Cuenta sancionada: Avenger_Regio

Sanción: 5 días.

Motivo: Ofensas. Aunque fue derivado del ataque de Millano eso no justifica este comentario.



Avenger_Regio said:


> JOJOJOJOJO esos de Occidente asu chingadamadre jojojo :lol:
> 
> Bueno ya nomás a esperar al Polkator, para que barra el desmadre que vino hacer ese guey.



Cuenta sancionada: morrillo

Sanción: Definitiva.

Motivo: Cuenta clon de forista ya expulsado (Culichi5050). Además de ingresar desde direcciones IP reportadas en "Blacklist" por diversas bases de datos anti-spam.


----------



## DieQro

Usuario: *kromasolf*

Sanción: *Definitiva.*

Motivo: Reiterados post provocativos en el subforo de Infraestructura, spam e insultos y amenazas a otros foristas.


----------



## Hook89

Cuenta sancionada: yukatan_boy

Sanción: 2 semanas.

Motivo: Comentario de provocación hacía otra ciudad además de alentar peleas regionales.
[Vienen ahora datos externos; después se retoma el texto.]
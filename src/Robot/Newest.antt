-- ===== src/Robot/Newest.antt =====
-- `receiveRobotState` on a socket that already holds datagrams.
use mathlib.Core.Path.{subst}
use mathlib.Core.List.{Memᴰ, head?}
use native.Mathlib.Nat.{le_refl, le_trans}
use libfranka.Prelude.{
  ℕ, zero, suc, ◌≤◌, ◌<◌, ◌≡◌, ◌∙◌, ◌⊎◌, inl, inr, refl, sym, ap, false, none, some, List, [], ◌∷◌,
  Double, ok, after-step, after-run, length, All, arith, ◌==◌,
}
use libfranka.Interface.{WireState}
use libfranka.Robot.State.{Network, Impl, update_state}
use libfranka.Robot.Channel.{accept, none_accepted, drain, await, receive_robot_state}

le_of_mem {ℓ κ} : {A : Type ℓ} (P : A → Type κ) {a : A} (xs : List A) → All P xs → Memᴰ a xs → P a
le_of_mem P [] h m = elim m [ ]
le_of_mem P (x ∷ xs) h (Memᴰ.head e) = subst P (sym e) h.0
le_of_mem P (x ∷ xs) h (Memᴰ.tail m) = le_of_mem P xs h.1 m

module _ {F : Type 0} where
  -- `latest_accepted_state` after the datagrams of a queue.
  abbrev pub newest : WireState F → List (WireState F) → WireState F
  newest latest [] = latest
  newest latest (r ∷ q) = newest (accept latest r) q

  le-accept :
      (latest r : WireState F)
      → (latest.message_id ≤ (accept latest r).message_id)
        × (r.message_id ≤ (accept latest r).message_id)
  le-accept latest r = ground arith

  le-newest :
      (latest : WireState F) (q : List (WireState F))
      → latest.message_id ≤ (newest latest q).message_id
  le-newest latest [] = le_refl _
  le-newest latest (r ∷ q) = le_trans (le-accept latest r).0 (le-newest (accept latest r) q)

  -- No datagram of the queue is newer than the one that is taken.
  newest_greatest :
      (latest : WireState F) (q : List (WireState F))
      → All (λ r. r.message_id ≤ (newest latest q).message_id) q
  newest_greatest latest [] = tt
  newest_greatest latest (r ∷ q) = (
    le_trans (le-accept latest r).1 (le-newest (accept latest r) q),
    newest_greatest (accept latest r) q,
  )

  accept-cases : (latest r : WireState F) → (accept latest r ≡ latest) ⊎ (accept latest r ≡ r)
  accept-cases latest r = ground arith

  -- What is taken is the state before the loop or a datagram of the queue.
  newest-mem :
      (latest : WireState F) (q : List (WireState F))
      → (newest latest q ≡ latest) ⊎ Memᴰ (newest latest q) q
  newest-mem latest [] = inl refl
  newest-mem latest (r ∷ q) = go (newest-mem (accept latest r) q) (accept-cases latest r)
    where
      go :
          (newest (accept latest r) q ≡ accept latest r) ⊎ Memᴰ (newest (accept latest r) q) q
          → (accept latest r ≡ latest) ⊎ (accept latest r ≡ r)
          → (newest (accept latest r) q ≡ latest) ⊎ Memᴰ (newest (accept latest r) q) (r ∷ q)
      go (inr m) _ = inr (Memᴰ.tail m)
      go (inl e) (inl f) = inl (e ∙ f)
      go (inl e) (inr f) = inr (Memᴰ.head (e ∙ f))

module _ (F : Type 0) ⦃d : Double F⦄ where
  le-none_accepted :
      (id : ℕ) (r : WireState F) (q : List (WireState F))
      → Memᴰ r q
      → id < r.message_id
      → id < (newest (none_accepted id) q).message_id
  le-none_accepted id r q m h = le_trans h (
      le_of_mem (λ x. x.message_id ≤ (newest (none_accepted id) q).message_id) q
        (newest_greatest (none_accepted id) q) m)

  message_id-none_accepted : (id : ℕ) → (none_accepted {F = F} id).message_id ≡ id
  unfolding none_accepted
  message_id-none_accepted id = refl

module _ {N F : Type 0} ⦃d : Double F⦄ ⦃n : Network N F⦄ where
  -- The socket: the datagrams that it holds, which `udpReceive` takes one by one, as long as no other
  -- one arrives.
  pub record IsQueue (pending : N → List (WireState F)) : Type 0 where
    pub first : (c : N) → (n.udp_receive c).0 ≡ ok (head? (pending c))
    pub rest :
        (c : N) (r : WireState F) (q : List (WireState F))
        → pending c ≡ r ∷ q
        → pending (n.udp_receive c).1 ≡ q
    pub empty : (c : N) → pending c ≡ [] → pending (n.udp_receive c).1 ≡ []

  module _ (pending : N → List (WireState F)) (socket : IsQueue pending) where
    drain-newest :
        (fuel : ℕ) (latest : WireState F) (s : Impl N F) (q : List (WireState F))
        → pending s.network ≡ q
        → length q < fuel
        → (c : N) × (drain fuel latest s ≡ (ok (newest latest q), record s { network = c }))
          × (pending c ≡ [])
    unfolding drain
    drain-newest zero latest s q e h = absurd (omega arith)
    drain-newest (suc fuel) latest s [] e h =
        let c = (n.udp_receive s.network).1 in
        let got : (n.udp_receive s.network).0 ≡ ok none =
          socket.first s.network ∙ ap (λ l. ok (head? l)) e in
        (c, after-step (record s { network = c }) _ got, socket.empty s.network e)
    drain-newest (suc fuel) latest s (r ∷ q) e h =
        let c = (n.udp_receive s.network).1 in
        let got : (n.udp_receive s.network).0 ≡ ok (some r) =
          socket.first s.network ∙ ap (λ l. ok (head? l)) e in
        let (c', ran, done) =
          drain-newest fuel (accept latest r) (record s { network = c }) q
            (socket.rest s.network r q e) (omega arith) in
        (c', after-step (record s { network = c }) _ got ∙ ran, done)

    await-new :
        (fuel : ℕ) (latest : WireState F) (s : Impl N F)
        → 0 < fuel
        → s.message_id < latest.message_id
        → await fuel latest s ≡ (ok latest, s)
    unfolding await
    await-new zero latest s h new = absurd (omega arith)
    await-new (suc fuel) latest s h new =
        let differs : (latest.message_id == s.message_id) ≡ false = ground arith in rw differs

    -- With the fuel to empty the socket, and a datagram in it that is newer than the last accepted
    -- state, `receiveRobotState` returns a datagram of the socket than which none there is newer, has
    -- taken all of them, and has changed in the object only what `updateState` copies.
    pub receive_robot_state-newest :
        (fuel : ℕ) (s : Impl N F) (r : WireState F)
        → length (pending s.network) < fuel
        → Memᴰ r (pending s.network)
        → s.message_id < r.message_id
        → (w : WireState F) × (c : N) × (receive_robot_state fuel s
            ≡ (ok w, update_state w (record s { network = c })))
          × Memᴰ w (pending s.network)
          × All (λ x. x.message_id ≤ w.message_id) (pending s.network)
          × (pending c ≡ [])
    unfolding receive_robot_state
    receive_robot_state-newest fuel s r h m new =
        let q = pending s.network in
        let start = none_accepted s.message_id in
        let w = newest start q in
        let newer : s.message_id < w.message_id = le-none_accepted F s.message_id r q m new in
        let (c, drained, done) = drain-newest fuel start s q refl h in
        let u = record s { network = c } in
        (
          w,
          c,
          after-run (drain fuel start s) _ drained
              ∙ after-run (await fuel w u) _ (await-new fuel w u (omega arith) newer),
          taken (newest-mem start q) newer,
          newest_greatest start q,
          done,
        )
      where
        taken :
            (newest (none_accepted s.message_id) (pending s.network) ≡ none_accepted s.message_id)
              ⊎ Memᴰ (newest (none_accepted s.message_id) (pending s.network)) (pending s.network)
            → s.message_id < (newest (none_accepted s.message_id) (pending s.network)).message_id
            → Memᴰ (newest (none_accepted s.message_id) (pending s.network)) (pending s.network)
        taken (inr k) _ = k
        taken (inl e) k = absurd (
            omega (
              arith,
              ap (λ (x : WireState F). x.message_id) e,
              message_id-none_accepted F s.message_id,
            ))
Reincidente en panel de sanciones.



yukatan_boy said:


> deberíamos de enviarle todos los yucatecos mensajes a la moderación para que les den de baja al sub-foro tuxtleco y suban a Villahermosa como nuevo subforo del Sureste :lol:
> al fin de cuentas tiene más actividad en todos sus threads la ciudad tabasqueña :lol: mientras que en la otra se la pasan haciendo actualizaciones de Oxxos :lol:


Cuenta sancionada: Palomo_Yuc

Sanción: 5 días.

Motivo: Política.



Palomo_Yuc said:


> PD. Hoy que es día de la revolución aprovecho para: #RenunciaEPN


Cuenta sancionada: Aldebaran2012

Sanción: 1 Semana.

Motivo: Ofensas contra el STAFF de SSC México.



Aldebaran2012 said:


> Talves este no es el thread para decirlo pero aprovecho recalcar que este foro es una basura en cuanto a moderación..
> 
> En 1era deberian haberte enviado una advertencia
> 
> En 2da deberian especificarte el porque fuiste baneado
> 
> Es totalmente incongruente que un forista que solo participa en esta sección y que nunca ha insultado ni ofendido a nadie directamente haya sido baneado sin razón alguna y sin decirte tan siquiera porque (Ni quien lo hizo osea que moderador?), es totalmente injusto y deja mucho que decir de los moderadores.. Supongo esto es común cuando los moderadores son un grupo de acomplejados gays de closet.. digo de foro.. .:lol:


----------



## Hook89

Usuario: BenZarate.

Sanción: 7 días.

Motivo. Desviar thread. Reincidente en panel de sanciones. 



BenZarate said:


> Me sorprende que caigan tan rápido, más sabiendo los periódicos baratos de los que traen la noticia de la quema del metrobus y la estación.


----------



## Hook89

Usuario: Brazo de Chaya y ssclol.

Sanción: Definitiva.

Motivo: Cuenta clon - spam.



DaiTengu said:


> ssclol seems to have multiple personalities using  Brazo de Chaya and  ssclol sharing the same computer. No soup for you! and you! and you!


----------



## ..Polkator..

*SkyFanTemoMty*

*Una semana de vacaciones todo pagado en el brig* 

*Desviar el tema y provocaciones*


*mty.93* y *master-mata*

*Tres días de descanso*

*Desviar el tema, 3 y 5 post borrados respectivamente.*

Hubo otros foristas que también desviaron el tema, pero lo hicieron con 1 o 2 post, por lo que decidí solo mandar al brig por un corto periodo de tiempo a los que más contribuyeron con la desviación.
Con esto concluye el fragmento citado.